- [TASK GOAL]:
In the listing below, find each line with the string "filename" and report it.

- [DATA FOR THIS TASK]:
·····

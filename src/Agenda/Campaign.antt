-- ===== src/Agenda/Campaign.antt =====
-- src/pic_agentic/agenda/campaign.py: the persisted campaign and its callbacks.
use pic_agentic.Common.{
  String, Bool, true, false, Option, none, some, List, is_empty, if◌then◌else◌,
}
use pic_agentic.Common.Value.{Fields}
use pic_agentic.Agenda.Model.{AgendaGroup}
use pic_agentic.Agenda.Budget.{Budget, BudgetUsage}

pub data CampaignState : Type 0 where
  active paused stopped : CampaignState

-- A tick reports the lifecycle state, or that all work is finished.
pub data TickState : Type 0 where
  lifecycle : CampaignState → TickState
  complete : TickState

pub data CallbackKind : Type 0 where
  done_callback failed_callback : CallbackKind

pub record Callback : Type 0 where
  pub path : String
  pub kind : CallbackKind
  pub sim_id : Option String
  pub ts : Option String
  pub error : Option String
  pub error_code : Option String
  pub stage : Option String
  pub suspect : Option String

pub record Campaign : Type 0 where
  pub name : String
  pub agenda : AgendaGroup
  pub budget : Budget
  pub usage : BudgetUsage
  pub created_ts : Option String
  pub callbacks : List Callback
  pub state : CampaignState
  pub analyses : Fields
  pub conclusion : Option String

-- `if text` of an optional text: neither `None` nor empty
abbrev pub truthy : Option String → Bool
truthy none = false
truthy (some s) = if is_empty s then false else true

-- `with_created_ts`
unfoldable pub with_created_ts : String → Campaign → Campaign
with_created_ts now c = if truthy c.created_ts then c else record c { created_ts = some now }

·····

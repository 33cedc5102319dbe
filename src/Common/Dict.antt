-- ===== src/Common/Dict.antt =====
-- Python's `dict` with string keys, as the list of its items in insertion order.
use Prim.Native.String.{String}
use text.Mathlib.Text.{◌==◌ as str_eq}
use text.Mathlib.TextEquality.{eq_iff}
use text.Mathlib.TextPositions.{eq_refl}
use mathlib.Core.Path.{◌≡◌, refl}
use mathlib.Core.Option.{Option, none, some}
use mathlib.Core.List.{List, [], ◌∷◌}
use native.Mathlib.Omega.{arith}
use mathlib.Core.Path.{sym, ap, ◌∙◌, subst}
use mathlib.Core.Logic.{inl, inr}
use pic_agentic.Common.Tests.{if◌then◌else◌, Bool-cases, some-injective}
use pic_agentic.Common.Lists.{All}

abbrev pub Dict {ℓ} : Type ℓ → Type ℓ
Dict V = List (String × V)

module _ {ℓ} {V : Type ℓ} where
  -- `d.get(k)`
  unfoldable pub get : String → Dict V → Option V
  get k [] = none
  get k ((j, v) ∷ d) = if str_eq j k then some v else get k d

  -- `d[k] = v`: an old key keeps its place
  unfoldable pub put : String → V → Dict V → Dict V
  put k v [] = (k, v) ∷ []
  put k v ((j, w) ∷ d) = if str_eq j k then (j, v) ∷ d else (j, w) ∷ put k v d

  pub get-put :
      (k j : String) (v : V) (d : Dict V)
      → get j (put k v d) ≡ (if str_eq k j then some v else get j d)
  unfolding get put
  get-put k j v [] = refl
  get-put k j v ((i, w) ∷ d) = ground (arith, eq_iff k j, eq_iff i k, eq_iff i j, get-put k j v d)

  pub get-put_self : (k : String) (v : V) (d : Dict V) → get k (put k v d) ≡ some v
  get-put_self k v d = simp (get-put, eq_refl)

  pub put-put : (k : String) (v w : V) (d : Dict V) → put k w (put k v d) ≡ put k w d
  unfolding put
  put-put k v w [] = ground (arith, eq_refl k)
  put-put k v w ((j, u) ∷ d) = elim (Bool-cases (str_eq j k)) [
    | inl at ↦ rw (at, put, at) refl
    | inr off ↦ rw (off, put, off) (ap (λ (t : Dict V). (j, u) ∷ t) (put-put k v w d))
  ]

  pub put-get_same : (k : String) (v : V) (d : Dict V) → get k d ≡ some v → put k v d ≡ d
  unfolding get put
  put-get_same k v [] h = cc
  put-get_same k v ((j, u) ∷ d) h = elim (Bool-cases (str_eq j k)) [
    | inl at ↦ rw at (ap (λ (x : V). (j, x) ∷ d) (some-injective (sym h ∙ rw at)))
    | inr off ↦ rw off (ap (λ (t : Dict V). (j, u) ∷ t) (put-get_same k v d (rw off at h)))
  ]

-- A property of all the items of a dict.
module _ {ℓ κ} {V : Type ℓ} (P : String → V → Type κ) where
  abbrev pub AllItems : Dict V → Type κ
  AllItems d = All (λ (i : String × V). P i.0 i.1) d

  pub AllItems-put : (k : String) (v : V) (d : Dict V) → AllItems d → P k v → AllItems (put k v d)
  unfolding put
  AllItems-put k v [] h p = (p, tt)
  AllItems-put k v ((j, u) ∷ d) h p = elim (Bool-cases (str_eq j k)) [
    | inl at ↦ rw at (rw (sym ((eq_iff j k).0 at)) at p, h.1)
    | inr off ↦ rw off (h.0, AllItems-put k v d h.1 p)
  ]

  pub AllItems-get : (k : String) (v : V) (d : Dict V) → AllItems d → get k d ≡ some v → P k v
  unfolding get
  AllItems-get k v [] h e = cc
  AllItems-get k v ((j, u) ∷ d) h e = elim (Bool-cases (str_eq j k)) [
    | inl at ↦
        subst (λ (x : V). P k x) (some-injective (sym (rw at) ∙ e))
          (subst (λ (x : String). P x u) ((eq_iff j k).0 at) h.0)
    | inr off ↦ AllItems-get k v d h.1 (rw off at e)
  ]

·····

- [FINISHED EXERCISE]:
filename src/Agenda/Campaign.antt
filename src/Common/Dict.antt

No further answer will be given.